Karl Slym, managing director of Tata Motors, looks on during a news conference to announce their second quarter results in Mumbai November 8, 2013. [Photo/Agencies]

Karl Slym, managing director of India's biggest automaker Tata Motors Ltd, died after falling from a hotel room in Bangkok in what police said on Monday may have been suicide.

Slym, 51, a British citizen, had attended a board meeting of Tata Motors' Thailand unit in Bangkok and was staying with his wife in a room on the 22nd floor of the Shangri-La hotel. Hotel staff found his body on Sunday on the fourth floor, which juts out above lower storeys of the complex.

"We didn't find any sign of a struggle," Police Lieutenant Somyot Boonyakaew, heading the investigation, told Reuters.

"We found a window open. The window was very small so it was not possible that he would have slipped. He would have had to climb through the window to fall out because he was a big man. From my initial investigation, we believe he jumped."

Boonyakaew said police found a three-page note, written in English to Slym by his wife, which they were translating into Thai. "The wife wrote the note because she wanted her husband to know some personal things ... Yes, they did argue," he said after speaking with her.

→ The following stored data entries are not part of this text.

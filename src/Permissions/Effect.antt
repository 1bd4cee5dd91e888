-- ===== src/Permissions/Effect.antt =====
-- The `Effect.gen` blocks of core/src/cubes/permissions: what a block has written before it fails
-- stays written, so the state comes back beside a failure too. Messages are left out of the errors.
use qwbe.Prelude.{Bool, true, false}

-- `PermissionServiceError`.
pub data PermissionError : Type 0 where
  not_found invalid conflict forbidden : PermissionError

pub data Outcome {ℓ} (A : Type ℓ) : Type ℓ where
  success : A → Outcome A
  failure : PermissionError → Outcome A

abbrev pub Effect {ℓ} : Type ℓ → Type ℓ → Type ℓ
Effect S A = S → Outcome A × S

module _ {ℓ} {S A : Type ℓ} where
  -- `return value`
  abbrev pub succeed : A → Effect S A
  succeed a s = (success a, s)

  -- `Effect.fail(error)`
  abbrev pub fail : PermissionError → Effect S A
  fail e s = (failure e, s)

  -- a read of the store, which cannot fail
  abbrev pub gets : (S → A) → Effect S A
  gets read s = (success (read s), s)

module _ {ℓ} {S A B : Type ℓ} where
  abbrev pub after : Outcome A → S → (A → Effect S B) → Outcome B × S
  after (success a) s next = next a s
  after (failure e) s next = (failure e, s)

  infixl 5 ◌>>=◌ ◌>>◌
  -- `yield*`
  abbrev pub ◌>>=◌ : Effect S A → (A → Effect S B) → Effect S B
  ◌>>=◌ m next s = after (m s).0 (m s).1 next

  abbrev pub ◌>>◌ : Effect S A → Effect S B → Effect S B
  m >> k = m >>= λ _. k

-- a write to the store
abbrev pub modify {ℓ} : {S : Type ℓ} → (S → S) → Effect S (Unit {ℓ})
modify write s = (success tt, write s)

-- `if (!test) return yield* Effect.fail(error)`
abbrev pub ensure {ℓ} : {S : Type ℓ} → Bool → PermissionError → Effect S (Unit {ℓ})
ensure true e s = (success tt, s)
ensure false e s = (failure e, s)
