-- ===== src/Kernel/Where.antt =====
-- core/src/kernel/pagination.ts (`ListWhere`) and core/src/pg/rows.ts (`conditions`,
-- `whereClause`): the filter of a list query, and what the SQL that is built from it decides
-- about one row. SQL tests are three-valued: `none` is NULL.
use Prim.Native.Char.{code}
use Prim.Native.String
use Prim.Native.String.{compare}
use Prim.Native.Nat.{Ordering}
use mathlib.Core.Option
use qwbe.Prelude.{
  String, Bool, true, false, ◌||◌, Option, none, some, List, [], ◌∷◌, map, ◌==◌, ◌++◌, nat_eq,
  contains, if◌then◌else◌,
}
use qwbe.Kernel.Platform.{Platform}

-- A row as SQL sees it: the four meta columns, and `body ->> field`.
pub record RowView : Type 0 where
  pub id : String
  pub kind : String
  pub created_at : String
  pub deleted : Bool
  pub body : String → Option String

pub record Range : Type 0 where
  pub field : String
  pub lower : Option String
  pub upper : Option String

pub record Search : Type 0 where
  pub text : String
  pub fields : List String

mutual
  pub data ListWhere : Type 0 where
    list_where :
        (equals : List (String × String)) (ids : Option (List String))
        (sets : List (String × List String)) (range : Option Range) (q : Option Search)
        → AnyOf
        → Negated
        → ListWhere

  -- `anyOf`: absent, or a list of groups.
  pub data AnyOf : Type 0 where
    no_groups : AnyOf
    any_of : Groups → AnyOf

  pub data Groups : Type 0 where
    nil : Groups
    group : ListWhere → Groups → Groups

  -- `not`: absent, or one group.
  pub data Negated : Type 0 where
    no_not : Negated
    is_not : ListWhere → Negated

-- A condition's value in SQL.
abbrev pub Truth : Type 0
Truth = Option Bool

abbrev pub and3 : Truth → Truth → Truth
and3 (some false) b = some false
and3 (some true) b = b
and3 none (some false) = some false
and3 none (some true) = none
and3 none none = none

abbrev pub or3 : Truth → Truth → Truth
or3 (some true) b = some true
or3 (some false) b = b
or3 none (some true) = some true
or3 none (some false) = none
or3 none none = none

-- `IS TRUE`: what a WHERE clause keeps.
abbrev pub is_true : Truth → Bool
is_true (some true) = true
is_true (some false) = false
is_true none = false

-- `IS NOT TRUE`.
abbrev pub is_not_true : Truth → Truth
is_not_true (some true) = some false
is_not_true (some false) = some true
is_not_true none = some true

abbrev pub conjunction : List Truth → Truth
conjunction [] = some true
conjunction (t ∷ ts) = and3 t (conjunction ts)

abbrev pub disjunction : List Truth → Truth
disjunction [] = some false
disjunction (t ∷ ts) = or3 t (disjunction ts)

-- the text of a column: a meta column, or `body ->> field`
abbrev pub column : RowView → String → Option String
column v field =
    if field == "id"
    then some v.id
    else if field == "type"
    then some v.kind
    else if field == "createdAt"
    then some v.created_at
    else if field == "deleted"
    then some (if v.deleted then "true" else "false")
    else v.body field

abbrev pub equal_bools : Bool → Bool → Bool
equal_bools true b = b
equal_bools false true = false
equal_bools false false = true

-- `equalsSql`
abbrev pub equals_sql : RowView → String × String → Truth
equals_sql v (field, value) =
    if field == "deleted"
    then some (equal_bools v.deleted (value == "true"))
    else Option.map (λ text. text == value) (column v field)

-- `field = ANY(values)`, and FALSE for an empty set
unfoldable pub set_sql : RowView → String × List String → Truth
set_sql v (field, []) = some false
set_sql v (field, x ∷ xs) = Option.map (contains (x ∷ xs)) (column v field)

abbrev pub ids_sql : RowView → Option (List String) → List Truth
ids_sql v none = []
ids_sql v (some []) = some false ∷ []
ids_sql v (some (x ∷ xs)) = some (contains (x ∷ xs) v.id) ∷ []

-- `COLLATE "C"`: code point by code point.
abbrev pub text_le : String → String → Bool
text_le a b = elim (compare a b) [ Ordering.gt ↦ false | _ ↦ true ]

abbrev bound_sql : (String → Bool) → Option String → List Truth
bound_sql test text = Option.map test text ∷ []

abbrev lower_sql : RowView → String → Option String → List Truth
lower_sql v field none = []
lower_sql v field (some from) = bound_sql (text_le from) (v.body field)

abbrev upper_sql : RowView → String → Option String → List Truth
upper_sql v field none = []
upper_sql v field (some to) = bound_sql (λ text. text_le text to) (v.body field)

abbrev pub range_sql : RowView → Option Range → List Truth
range_sql v none = []
range_sql v (some r) = lower_sql v r.field r.lower ++ upper_sql v r.field r.upper

-- `escapeLike`: a backslash in front of each backslash, percent sign and underscore.
escape_like : String → String
escape_like String.[] = ""
escape_like (String.◌∷◌ c s) =
    let rest = String.◌∷◌ c (escape_like s) in
    if nat_eq (code c) 92 || nat_eq (code c) 37 || nat_eq (code c) 95
    then String.◌++◌ "\\" rest
    else rest

module _ (env : Platform) where
  open env use {ilike}

  -- `searchSql`: one pattern, ORed across the fields
  unfoldable pub search_sql : RowView → Search → Truth
  unfolding escape_like
  search_sql v s =
      let pattern = String.◌++◌ (escape_like s.text) "%" in
      disjunction (map (λ field. Option.map (ilike pattern) (column v field)) s.fields)

  abbrev q_part : RowView → Search → Bool → List String → List Truth
  q_part v s true fields = []
  q_part v s false [] = []
  q_part v s false (f ∷ fs) = search_sql v s ∷ []

  abbrev pub q_sql : RowView → Option Search → List Truth
  q_sql v none = []
  q_sql v (some s) = q_part v s (s.text == "") s.fields

  unfoldable mutual
    -- `group` over `conditions`: the conditions of one group, ANDed.
    pub meets : RowView → ListWhere → Truth
    meets v (list_where equals ids sets range q groups negated) = conjunction (
        map (equals_sql v) equals
        ++ (ids_sql v ids
            ++ (map (set_sql v) sets
                ++ (range_sql v range
                    ++ (q_sql v q ++ (groups_sql v groups ++ negated_sql v negated))))))

    pub groups_sql : RowView → AnyOf → List Truth
    groups_sql v no_groups = []
    groups_sql v (any_of groups) = meets_any v groups ∷ []

    pub meets_any : RowView → Groups → Truth
    meets_any v nil = some false
    meets_any v (group g gs) = or3 (meets v g) (meets_any v gs)

    pub negated_sql : RowView → Negated → List Truth
    negated_sql v no_not = []
    negated_sql v (is_not g) = is_not_true (meets v g) ∷ []

-- `Where`: one pair, several pairs ANDed, or the full criteria.
pub data Where : Type 0 where
  pair : String → String → Where
  pairs : List (String × String) → Where
  full : ListWhere → Where

abbrev equals_only : List (String × String) → ListWhere
equals_only equals = list_where equals none [] none none no_groups no_not

abbrev pub criteria : Where → ListWhere
criteria (pair field value) = equals_only ((field, value) ∷ [])
criteria (pairs equals) = equals_only equals
criteria (full w) = w

-- `WHERE deleted = false` and the clause: whether a lookup returns the row.
unfoldable pub matches : Platform → Where → RowView → Bool
unfolding meets
matches env w v = if v.deleted then false else is_true (meets env v (criteria w))
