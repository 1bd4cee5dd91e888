-- ===== src/Kernel/Table.antt =====
-- core/src/kernel/store-contract.ts and core/src/pg/store.ts: one table of a cube, as the list of
-- its rows in the order of `ORDER BY created_at ASC`, and the operations that read and write it.
-- The columns `version` and `_sort`, the outbox and the activity log are not modelled.
pub mod Laws
pub mod Ids
use mathlib.Core.Option
use qwbe.Prelude.{
  ℕ, String, Bool, false, true, not, Option, List, [], ◌∷◌, ◌++◌, ◌==◌, filter, head, map, length,
  take, drop, if◌then◌else◌,
}
use qwbe.Kernel.Platform.{Platform}
use qwbe.Kernel.Paging.{PageRequest}
use qwbe.Kernel.Where.{RowView, Where, matches}

-- `decode`: the meta columns beside the body.
pub record Row {ℓ} (A : Type ℓ) : Type ℓ where
  pub id : String
  pub kind : String
  pub created_at : String
  pub deleted : Bool
  pub body : A

abbrev pub Table {ℓ} : Type ℓ → Type ℓ
Table A = List (Row A)

-- `Page`, without the name of the ordering.
pub record Page {ℓ} (A : Type ℓ) : Type ℓ where
  pub rows : List A
  pub total : ℕ
  pub offset : ℕ
  pub limit : ℕ

-- A body's JSON fields as text, what `body ->> field` shows.
abbrev pub FieldsOf {ℓ} : Type ℓ → Type ℓ
FieldsOf A = A → String → Option String

module _ {ℓ} {A : Type ℓ} where
  abbrev pub view : FieldsOf A → Row A → RowView
  view fields r = record {
    id = r.id;
    kind = r.kind;
    created_at = r.created_at;
    deleted = r.deleted;
    body = fields r.body;
  }

  abbrev pub is_live : Row A → Bool
  is_live r = not r.deleted

  -- `store.where`: every live row that matches, oldest first
  unfoldable pub rows_where : Platform → FieldsOf A → Where → Table A → List (Row A)
  rows_where env fields w t = filter (λ r. matches env w (view fields r)) t

  -- `store.first`: the oldest of these
  unfoldable pub first : Platform → FieldsOf A → Where → Table A → Option (Row A)
  unfolding rows_where
  first env fields w t = head (rows_where env fields w t)

  -- `store.all`
  unfoldable pub all_rows : Table A → List (Row A)
  all_rows t = filter is_live t

  -- `store.byId`
  unfoldable pub by_id : String → Table A → Option (Row A)
  by_id id t = head (filter (λ r. if r.deleted then false else r.id == id) t)

  -- `store.page`: the rows that match, in an order, from `offset`, at most `limit` of them
  unfoldable pub page_rows :
      Platform
      → FieldsOf A
      → Where
      → (order : List (Row A) → List (Row A)) → PageRequest
      → Table A
      → Page (Row A)
  unfolding rows_where
  page_rows env fields w order request t = record {
    rows = take request.limit (drop request.offset (order (rows_where env fields w t)));
    total = length (rows_where env fields w t);
    offset = request.offset;
    limit = request.limit;
  }

  -- `store.count`
  unfoldable pub count_rows : Table A → ℕ
  unfolding all_rows
  count_rows t = length (all_rows t)

  -- `store.insert`: the row that was drawn an id, behind the others
  unfoldable pub insert : Row A → Table A → Table A
  insert r t = t ++ r ∷ []

  abbrev pub patched : String → (Row A → Row A) → Row A → Row A
  patched id patch r = if r.id == id then patch r else r

  -- `store.update`: the patch of the row with the id, live or not; with no such row nothing changes
  unfoldable pub update : String → (Row A → Row A) → Table A → Table A
  update id patch t = map (patched id patch) t

  -- the patch `{ deleted: true }`
  abbrev pub retire : Row A → Row A
  retire r = record r { deleted = true }
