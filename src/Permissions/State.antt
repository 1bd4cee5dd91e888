-- ===== src/Permissions/State.antt =====
-- core/src/cubes/permissions/state.ts: the tables of the cube and the reads and writes that its
-- parts share.
pub mod Lookups
pub mod Keys
use mathlib.Core.Option
use Prim.Native.String
use qwbe.Prelude.{
  ℕ, String, Bool, true, false, not, ◌&&◌, ◌||◌, ◌+◌, Option, none, some, List, [], ◌∷◌, ◌++◌, ◌==◌,
  map, filter, contains, join, length, is_some, if◌then◌else◌,
}
use qwbe.Kernel.Platform.{Platform}
use qwbe.Kernel.Where.{Where, pair, pairs}
use qwbe.Kernel.Table.{Row, Table, rows_where, first, insert, update}
use qwbe.Permissions.Model.{
  Actor, EntityRef, Subject, GrantAction, Ownership, EntityGrant, AccessDecision, VisibilityView,
}
use qwbe.Permissions.Effect.{Effect, ◌>>=◌, ◌>>◌, succeed, gets, modify}

pub record CubeAdmin : Type 0 where
  pub cube : String
  pub user_id : String

pub record Group : Type 0 where
  pub cube : String
  pub name : String
  pub created_by : String

pub record Membership : Type 0 where
  pub group_id : String
  pub user_id : String
  pub created_by : String

pub record HiddenPreference : Type 0 where
  pub ref : EntityRef
  pub user_id : String

pub record Capability : Type 0 where
  pub cube : String
  pub capability : String
  pub subject : Subject
  pub subject_key : String
  pub created_by : String

pub data AuditResult : Type 0 where
  allowed denied done : AuditResult

-- The values that the service hands to `writeAudit`, all of them JSON data.
pub data Trace : Type 0 where
  null : Trace
  decision : AccessDecision → Trace
  claimed : Ownership → (created_at : String) → Trace
  ownership : Row Ownership → Trace
  shared_user shared_group : String → List GrantAction → Trace
  grant : Row EntityGrant → Trace
  group : Row Group → Trace
  membership : Row Membership → Trace
  cube_admin : Row CubeAdmin → Trace
  assigned : CubeAdmin → Trace
  capability : Row Capability → Trace
  hidden : Bool → Trace
  returned : GrantAction → (source : String) → (ids : List String) → Trace
  listed :
      VisibilityView → (sort_by : String) → (descending : Bool) → (offset limit total : ℕ) → Trace

pub record AuditEvent : Type 0 where
  pub trace_id : String
  pub timestamp : String
  pub actor_user_id : String
  pub ref : EntityRef
  pub action : String
  pub result : AuditResult
  pub before : Trace
  pub after : Trace

-- The tables of `tables`, and how many ids and times were drawn.
pub record State : Type 0 where
  pub ownership : Table Ownership
  pub cube_admins : Table CubeAdmin
  pub audit : Table AuditEvent
  pub groups : Table Group
  pub memberships : Table Membership
  pub grants : Table EntityGrant
  pub hidden : Table HiddenPreference
  pub capabilities : Table Capability
  pub draws : ℕ

abbrev text_field : List (String × Option String) → String → Option String
text_field [] name = none
text_field ((key, value) ∷ fields) name = if key == name then value else text_field fields name

abbrev ref_fields : EntityRef → String → Option String → Option String
ref_fields ref name other =
    if name == "cube"
    then some ref.cube
    else if name == "entityType"
    then some ref.entity_type
    else if name == "entityId"
    then some ref.entity_id
    else other

abbrev pub ownership_fields : Platform → Ownership → String → Option String
ownership_fields env o name = ref_fields o.ref name (
    if name == "ownerId"
    then some o.owner_id
    else if name == "createdBy"
    then some o.created_by
    else if name == "entityKey"
    then o.entity_key
    else if name == "sharedWithCount"
    then Option.map env.number_text o.shared_with_count
    else none)

-- `subject` and `actions` are JSON values that nothing filters by.
abbrev pub grant_fields : EntityGrant → String → Option String
grant_fields g name = ref_fields g.ref name (
    if name == "entityKey"
    then g.entity_key
    else if name == "createdBy"
    then some g.created_by
    else none)

abbrev pub cube_admin_fields : CubeAdmin → String → Option String
cube_admin_fields c name =
    if name == "cube" then some c.cube else if name == "userId" then some c.user_id else none

abbrev pub group_fields : Group → String → Option String
group_fields g name =
    if name == "cube"
    then some g.cube
    else if name == "name"
    then some g.name
    else if name == "createdBy"
    then some g.created_by
    else none

abbrev pub membership_fields : Membership → String → Option String
membership_fields m name =
    if name == "groupId"
    then some m.group_id
    else if name == "userId"
    then some m.user_id
    else if name == "createdBy"
    then some m.created_by
    else none

abbrev pub hidden_fields : HiddenPreference → String → Option String
hidden_fields h name = ref_fields h.ref name (if name == "userId" then some h.user_id else none)

abbrev pub capability_fields : Capability → String → Option String
capability_fields c name =
    if name == "cube"
    then some c.cube
    else if name == "capability"
    then some c.capability
    else if name == "subjectKey"
    then some c.subject_key
    else if name == "createdBy"
    then some c.created_by
    else none

-- `refWhere`
abbrev pub ref_pairs : EntityRef → List (String × String)
ref_pairs ref =
    ("cube", ref.cube) ∷ ("entityType", ref.entity_type) ∷ ("entityId", ref.entity_id) ∷ []

-- `entityKeyOf`
unfoldable pub entity_key_of : EntityRef → String
entity_key_of ref = join ":" (ref.cube ∷ ref.entity_type ∷ ref.entity_id ∷ [])

module _ (env : Platform) where
  -- `state.ownership`: the oldest live ownership row of the entity
  unfoldable pub ownership_of : EntityRef → State → Option (Row Ownership)
  ownership_of ref s = first env (ownership_fields env) (pairs (ref_pairs ref)) s.ownership

  -- `state.cubeAdmin`
  unfoldable pub is_cube_admin : Actor → String → State → Bool
  is_cube_admin actor cube s =
      if contains actor.roles "admin"
      then true
      else is_some (
          first env cube_admin_fields (pairs (("cube", cube) ∷ ("userId", actor.user_id) ∷ []))
            s.cube_admins)

  -- `state.grantsFor`
  unfoldable pub grants_for : EntityRef → State → List (Row EntityGrant)
  grants_for ref s = rows_where env grant_fields (pairs (ref_pairs ref)) s.grants

  -- `state.groupIdsFor`
  unfoldable pub group_ids_for : String → State → List String
  group_ids_for user_id s =
      map (λ (r : Row Membership). r.body.group_id)
        (rows_where env membership_fields (pair "userId" user_id) s.memberships)

  abbrev pub recounted : EntityRef → ℕ → Row Ownership → Row Ownership
  recounted ref n r = record r {
    body = record (r.body) { entity_key = some (entity_key_of ref); shared_with_count = some n };
  }

  -- the loop of `recountShares` over the owners
  unfoldable pub recount_rows :
      EntityRef → ℕ → List (Row Ownership) → Table Ownership → Table Ownership
  recount_rows ref n [] t = t
  recount_rows ref n (r ∷ rows) t = recount_rows ref n rows (update r.id (recounted ref n) t)

  -- `state.recountShares`
  unfoldable pub recount_shares : EntityRef → State → State
  recount_shares ref s = record s {
    ownership =
        recount_rows ref (length (grants_for ref s))
          (rows_where env (ownership_fields env) (pairs (ref_pairs ref)) s.ownership) s.ownership;
  }

  -- a row's meta columns at an insert: `newId` and the clock, each drawn anew
  abbrev pub new_row {ℓ} : {A : Type ℓ} → String → String → ℕ → A → Row A
  new_row kind prefix n body = record {
    id = env.new_id prefix n;
    kind = kind;
    created_at = env.now n;
    deleted = false;
    body = body;
  }

  -- `state.writeAudit`
  unfoldable pub write_audit :
      Actor → EntityRef → String → AuditResult → Trace → Trace → Effect State (Unit {0})
  write_audit actor ref action result before after = modify λ s. record s {
    audit =
        insert
          (new_row "AuditEvent" "audit" s.draws (record {
            trace_id = env.new_id "trace" s.draws;
            timestamp = env.now s.draws;
            actor_user_id = actor.user_id;
            ref = ref;
            action = action;
            result = result;
            before = before;
            after = after;
          }))
          s.audit;
    draws = s.draws + 1;
  }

The couple had been married for about 30 years and had no children.

Thai police said they were called to the Shangri-La hotel around 7:45 am on Sunday after staff found Slym's body. They woke up Slym's wife, who looked shocked when she was told what had happened to her husband.

An autopsy on Slym's body was conducted on Monday, police said without elaborating.

A Tata Motors spokeswoman declined comment on the possible cause of Slym's death. A company statement on Sunday said Slym provided leadership in a challenging market environment.

Slym was driving a turnaround in the company's domestic operations. Investors worried about potential delays to these plans after his death sent shares in Tata Motors down as much as 6.7 percent on Monday in a broader market.

Turning the corner

Slym was hired in 2012 to revive Tata's flagging sales and market share in India, the world's sixth-largest auto market by unit sales. Tata Motors is part of the sprawling software-to-steel Tata conglomerate.

Tata Motors recently introduced a new petrol engine for its passenger vehicles and was planning to launch a hatchback and compact sedan this year, the first all-new Tata-branded passenger vehicles since 2010.

Slym led the automaker's operations in India and international markets including South Korea, Thailand and South Africa, but he was not responsible for the Jaguar and Land Rover (JLR) luxury unit that Tata Motors acquired in 2008.